HOW TO COMPLETE THIS TASK: For the material below, return exactly the lines starting at the one holding "((k : ℕ) (ins : IrInstr)" and ending at the one holding "last-fresh (suc k) (suc a) = last-fresh k a", counting both as part of the range.

MATERIAL FOR THIS EXERCISE:
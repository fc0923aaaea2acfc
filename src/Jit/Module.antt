-- ===== src/Jit/Module.antt =====
-- src/jit/jit.c, jit_compile_module and jit_find_func: the compiled functions by name.
use o.Prelude.{
  ℕ, zero, suc, ◌+◌, ◌<◌, ◌≤◌, ◌≡◌, ◌≢◌, refl, sym, ◌∙◌, ap, List, [], ◌∷◌, length, map, get_elem?,
  get_or, set, length-set, get_or-set_self, get_or-set_ne, length-replicate, Option, none, some,
  if◌then◌else◌, Bool-cases, Option-cases, inl, inr, arith,
}
use mathlib.Core.Path.{subst}
use mathlib.Core.Option.{some-injective}
use o.Frontend.Types.{StrView, sv_eq}
use o.Ir.Values.{IrFunc, IrModule}
use o.Backend.CodeBuf.{CodeBuf}
use o.Backend.Labels.{◌>>=◌}
use o.Jit.{Runtime}
use o.Jit.Calls.{find_cached}
use o.Jit.Compile.{
  JitCache, jit_register, jit_compile_func, jit_compile_funcs, jit_compile_module, func_at,
  jit_find_func,
}

-- The first function of the name.
unfoldable pub find_named : List IrFunc → StrView → Option IrFunc
find_named [] name = none
find_named (fn ∷ fns) name = if sv_eq fn.name name then some fn else find_named fns name

-- What the loop leaves when it starts at index `i`: the names, the entries below, and the code of each
-- function at its index.
record Filled (rt : Runtime) (i : ℕ) (fns : List IrFunc) (before after : JitCache) : Type 0 where
  pub names : after.cached_names ≡ before.cached_names
  pub below : (j : ℕ) → j < i → get_or after.cached_funcs j none ≡ get_or before.cached_funcs j none
  pub code :
      (j : ℕ) (fn : IrFunc)
      → get_elem? fns j ≡ some fn
      → get_or after.cached_funcs (i + j) none ≡ jit_compile_func rt fn

abbrev filled_at : JitCache → ℕ → CodeBuf → JitCache
filled_at cache i cf = record cache { cached_funcs = set cache.cached_funcs i (some cf) }

Filled-step :
    {rt : Runtime} {i : ℕ} {fns : List IrFunc} {before after : JitCache} (fn : IrFunc)
    (cf : CodeBuf)
    → i < length before.cached_funcs
    → jit_compile_func rt fn ≡ some cf
    → Filled rt (i + 1) fns (filled_at before i cf) after
    → Filled rt i (fn ∷ fns) before after
Filled-step {rt} {i} {fns} {before} {after} fn cf room e rest = record {
  names = rest.names;
  below = λ j h.
      rest.below j (omega arith) ∙ get_or-set_ne before.cached_funcs i j (some cf) none (above j h);
  code = code;
}
  where
    above : (j : ℕ) → j < i → i ≢ j
    above j h q = omega arith

    code :
        (j : ℕ) (other : IrFunc)
        → get_elem? (fn ∷ fns) j ≡ some other
        → get_or after.cached_funcs (i + j) none ≡ jit_compile_func rt other
    code zero other q =
        ap (λ n. get_or after.cached_funcs n none) (omega arith)
        ∙ rest.below i (omega arith)
        ∙ get_or-set_self before.cached_funcs i (some cf) none room
        ∙ sym e
        ∙ ap (jit_compile_func rt) (some-injective fn other q)
    code (suc j) other q =
        ap (λ n. get_or after.cached_funcs n none) (omega arith) ∙ rest.code j other q

jit_compile_funcs-Filled :
    (rt : Runtime) (i : ℕ) (fns : List IrFunc) (before after : JitCache)
    → i + length fns ≤ length before.cached_funcs
    → jit_compile_funcs rt before i fns ≡ some after
    → Filled rt i fns before after
unfolding jit_compile_funcs
jit_compile_funcs-Filled rt i [] before after room h = record {
  names = ap (λ (c : JitCache). c.cached_names) same;
  below = λ j le. ap (λ (c : JitCache). get_or c.cached_funcs j none) same;
  code = λ j fn q. ground arith;
}
  where
    same : after ≡ before
    same = sym (some-injective before after h)
jit_compile_funcs-Filled rt i (fn ∷ fns) before after room h =
    elim (Option-cases (jit_compile_func rt fn)) [
      | inl e ↦ ground arith
      | inr (cf, e) ↦ Filled-step fn cf (omega arith) e (
          jit_compile_funcs-Filled rt (i + 1) fns (filled_at before i cf) after
            (omega (arith, length-set before.cached_funcs i (some cf)))
            (ap (λ r. r >>= next) (sym e) ∙ h))
    ]
  where
    next : CodeBuf → Option JitCache
    next cf = jit_compile_funcs rt (filled_at before i cf) (i + 1) fns

-- The index of a name and the function that has it: both are missing, or the function stands there.
data Found (fns : List IrFunc) (i : ℕ) : Option ℕ → Option IrFunc → Type 0 where
  missing : Found fns i none none
  at : (j : ℕ) (fn : IrFunc) → get_elem? fns j ≡ some fn → Found fns i (some (i + j)) (some fn)

abbrev name_of : IrFunc → StrView
name_of fn = fn.name

Found-later :
    {fns : List IrFunc} {i : ℕ} {o : Option ℕ} {r : Option IrFunc} (fn : IrFunc)
    → Found fns (i + 1) o r
    → Found (fn ∷ fns) i o r
Found-later fn missing = missing
Found-later {fns = fns} {i = i} fn (at j g q) =
    subst (λ n. Found (fn ∷ fns) i (some n) (some g)) {x = i + suc j} {y = i + 1 + j} (omega arith)
      (at (suc j) g q)

find_cached-Found :
    (fns : List IrFunc) (name : StrView) (i : ℕ)
    → Found fns i (find_cached (map name_of fns) name i) (find_named fns name)
unfolding find_cached find_named
find_cached-Found [] name i = missing
find_cached-Found (fn ∷ fns) name i = elim (Bool-cases (sv_eq fn.name name)) [
  | inl e ↦ rw e (
      subst (λ n. Found (fn ∷ fns) i (some n) (some fn)) {x = i + 0} {y = i} (omega arith)
        (at 0 fn refl))
  | inr e ↦ rw e (Found-later fn (find_cached-Found fns name (i + 1)))
]

Found-code :
    {rt : Runtime} {fns : List IrFunc} {before after : JitCache} {o : Option ℕ} {r : Option IrFunc}
    → Filled rt 0 fns before after
    → Found fns 0 o r
    → func_at after.cached_funcs o ≡ (r >>= jit_compile_func rt)
unfolding func_at
Found-code f missing = refl
Found-code f (at j fn q) = f.code j fn q

-- If a module compiles, then a look-up by name in the engine's two arrays gives the code of the first
-- function that has the name, compiled with the names of all functions registered, and nothing if no
-- function has it.
pub jit_find_func-compiled :
    (rt : Runtime) (m : IrModule) (name : StrView) (cache : JitCache)
    → jit_compile_module rt m ≡ some cache
    → jit_find_func cache name ≡ (
        find_named m.funcs name
        >>= jit_compile_func (record rt { cached_names = map (λ (fn : IrFunc). fn.name) m.funcs }))
unfolding jit_compile_module jit_register jit_find_func
jit_find_func-compiled rt m name cache h =
    let start = jit_register m.funcs in
    let filled =
      jit_compile_funcs-Filled (record rt { cached_names = map name_of m.funcs }) 0 m.funcs start
        cache (omega (arith, length-replicate {A = Option CodeBuf} (length m.funcs) none)) h in
    rw filled.names (Found-code filled (find_cached-Found m.funcs name 0))
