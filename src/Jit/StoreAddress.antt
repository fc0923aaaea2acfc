-- ===== src/Jit/StoreAddress.antt =====
-- src/jit/jit.c, jit_liveness_analysis: the address of a store is taken for a definition, not for a use.
use o.Prelude.{
  ℕ, zero, suc, ◌+◌, ◌<◌, ◌≡◌, refl, sym, inl, inr, true, ◌||◌, List, [], ◌∷◌, ltb, Bool,
  Bool-cases, get_elem?, some, ==_iff, replicate, get_or, arith,
}
use o.Ir.Values.{IrVal, void, temp, IrInstr, IrFunc}
use o.Frontend.Types.{TypeKind}
use o.Jit.{VRegInfo, info_of, jit_max_vregs, fresh_vreg}
use o.Jit.Liveness.{
  put, used_at, mark_vreg_use, mark_args, defined_at, mark_def, mark_instr, mark_instrs, instrs_of,
  jit_liveness_analysis, jit_vregs,
}
use o.Jit.LiveRanges.{put-cases}
use o.Jit.Covers.{is_temp, among, has_operand, stores_to, reads}

or_left : (b c : Bool) → b ≡ true → b || c ≡ true
or_left b c e = ground arith

or_right : (b c : Bool) → c ≡ true → b || c ≡ true
or_right b c e = ground arith

-- The last use of `a` is in front of `n`.
module _ (a n : ℕ) where
  abbrev EndsEarly : List VRegInfo → Type 0
  EndsEarly R = (info_of R a).last_use < n

  put-EndsEarly :
      (R : List VRegInfo) (v : ℕ) (i : VRegInfo)
      → (a ≡ v → i.last_use < n)
      → EndsEarly R
      → EndsEarly (put R v i)
  put-EndsEarly R v i h x = elim (put-cases R v a i) [ inl e ↦ rw e x | inr (e, y) ↦ rw y (h e) ]

  use-EndsEarly :
      (R : List VRegInfo) (v : IrVal) (seq : ℕ)
      → (is_temp a v ≡ true → seq < n)
      → EndsEarly R
      → EndsEarly (mark_vreg_use R v seq)
  unfolding mark_vreg_use used_at
  use-EndsEarly R (temp v ty) seq h x = elim (Bool-cases (ltb v jit_max_vregs)) [
    | inl e ↦ rw e (
        put-EndsEarly R v (used_at seq (info_of R v))
          (λ same. later (h ((==_iff v a).1 (sym same))) (rw same at x)) x)
    | inr e ↦ rw e x
  ]
    where
      later : seq < n → (info_of R v).last_use < n → (used_at seq (info_of R v)).last_use < n
      later p q = ground arith
  use-EndsEarly R void seq h x = x
  use-EndsEarly R _ seq h x = x

  args-EndsEarly :
      (R : List VRegInfo) (vs : List IrVal) (seq : ℕ)
      → (among a vs ≡ true → seq < n)
      → EndsEarly R
      → EndsEarly (mark_args R vs seq)
  unfolding mark_args
  args-EndsEarly R [] seq h x = x
  args-EndsEarly R (v ∷ vs) seq h x =
      args-EndsEarly (mark_vreg_use R v seq) vs seq (λ t. h (or_right (is_temp a v) _ t))
        (use-EndsEarly R v seq (λ t. h (or_left (is_temp a v) _ t)) x)

  def-EndsEarly :
      (R : List VRegInfo) (v : IrVal) (ty : TypeKind) (seq : ℕ)
      → EndsEarly R
      → EndsEarly (mark_def R v ty seq)
  unfolding mark_def defined_at
  def-EndsEarly R (temp v t) ty seq x = elim (Bool-cases (ltb v jit_max_vregs)) [
    | inl e ↦ rw e (put-EndsEarly R v _ (λ same. rw same at x) x)
    | inr e ↦ rw e x
  ]
  def-EndsEarly R void ty seq x = x
  def-EndsEarly R _ ty seq x = x

  instr-EndsEarly :
      (R : List VRegInfo) (ins : IrInstr) (seq : ℕ)
      → (has_operand a ins ≡ true → seq < n)
      → EndsEarly R
      → EndsEarly (mark_instr R ins seq)
  unfolding mark_instr
  instr-EndsEarly R ins seq h x = def-EndsEarly _ ins.dst ins.result_type seq (
      args-EndsEarly _ ins.args seq (λ t. h (any3 t))
        (use-EndsEarly _ ins.src2 seq (λ t. h (any2 t))
          (use-EndsEarly R ins.src1 seq (λ t. h (any1 t)) x)))
    where
      any1 : is_temp a ins.src1 ≡ true → has_operand a ins ≡ true
      any1 t = ground arith

      any2 : is_temp a ins.src2 ≡ true → has_operand a ins ≡ true
      any2 t = ground arith

      any3 : among a ins.args ≡ true → has_operand a ins ≡ true
      any3 t = ground arith

  instrs-EndsEarly :
      (R : List VRegInfo) (is : List IrInstr) (start : ℕ)
      → ((k : ℕ) (ins : IrInstr)
          → get_elem? is k ≡ some ins
          → has_operand a ins ≡ true
          → start + k < n)
      → EndsEarly R
      → EndsEarly (mark_instrs R is start)
  unfolding mark_instrs
  instrs-EndsEarly R [] start h x = x
  instrs-EndsEarly R (i ∷ is) start h x =
      instrs-EndsEarly (mark_instr R i start) is (start + 1)
        (λ k ins e t. omega (arith, h (suc k) ins e t))
        (instr-EndsEarly R i start (λ t. omega (arith, h 0 i refl t)) x)

last-fresh : (k a : ℕ) → (get_or (replicate k fresh_vreg) a fresh_vreg).last_use ≡ 0
last-fresh zero a = refl
last-fresh (suc k) zero = refl
last-fresh (suc k) (suc a) = last-fresh k a

-- If the instruction at position `seq`, which is not the first one, stores to the address in `a`, and
-- every instruction with `a` as a source or an argument stands in front of it, then the store reads
-- `a`, and the analysis of a new table of registers ends the range of `a` in front of the store.
pub jit_liveness_analysis-store_missed :
    (fn : IrFunc) (a seq : ℕ) (ins : IrInstr)
    → 0 < seq
    → get_elem? (instrs_of fn.blocks) seq ≡ some ins
    → stores_to a ins ≡ true
    → ((k : ℕ) (other : IrInstr)
        → get_elem? (instrs_of fn.blocks) k ≡ some other
        → has_operand a other ≡ true
        → k < seq)
    → (reads a ins ≡ true) × ((info_of (jit_liveness_analysis jit_vregs fn) a).last_use < seq)
unfolding jit_liveness_analysis jit_vregs
jit_liveness_analysis-store_missed fn a seq ins h at_seq stores operands = (
  or_right (has_operand a ins) _ stores,
  instrs-EndsEarly a seq jit_vregs (instrs_of fn.blocks) 0
      (λ k o e t. omega (arith, operands k o e t)) (omega (arith, h, last-fresh jit_max_vregs a)),
)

RESPONSE AREA:
      → ((k : ℕ) (ins : IrInstr)
          → get_elem? is k ≡ some ins
          → has_operand a ins ≡ true
          → start + k < n)
      → EndsEarly R
      → EndsEarly (mark_instrs R is start)
  unfolding mark_instrs
  instrs-EndsEarly R [] start h x = x
  instrs-EndsEarly R (i ∷ is) start h x =
      instrs-EndsEarly (mark_instr R i start) is (start + 1)
        (λ k ins e t. omega (arith, h (suc k) ins e t))
        (instr-EndsEarly R i start (λ t. omega (arith, h 0 i refl t)) x)

last-fresh : (k a : ℕ) → (get_or (replicate k fresh_vreg) a fresh_vreg).last_use ≡ 0
last-fresh zero a = refl
last-fresh (suc k) zero = refl
last-fresh (suc k) (suc a) = last-fresh k a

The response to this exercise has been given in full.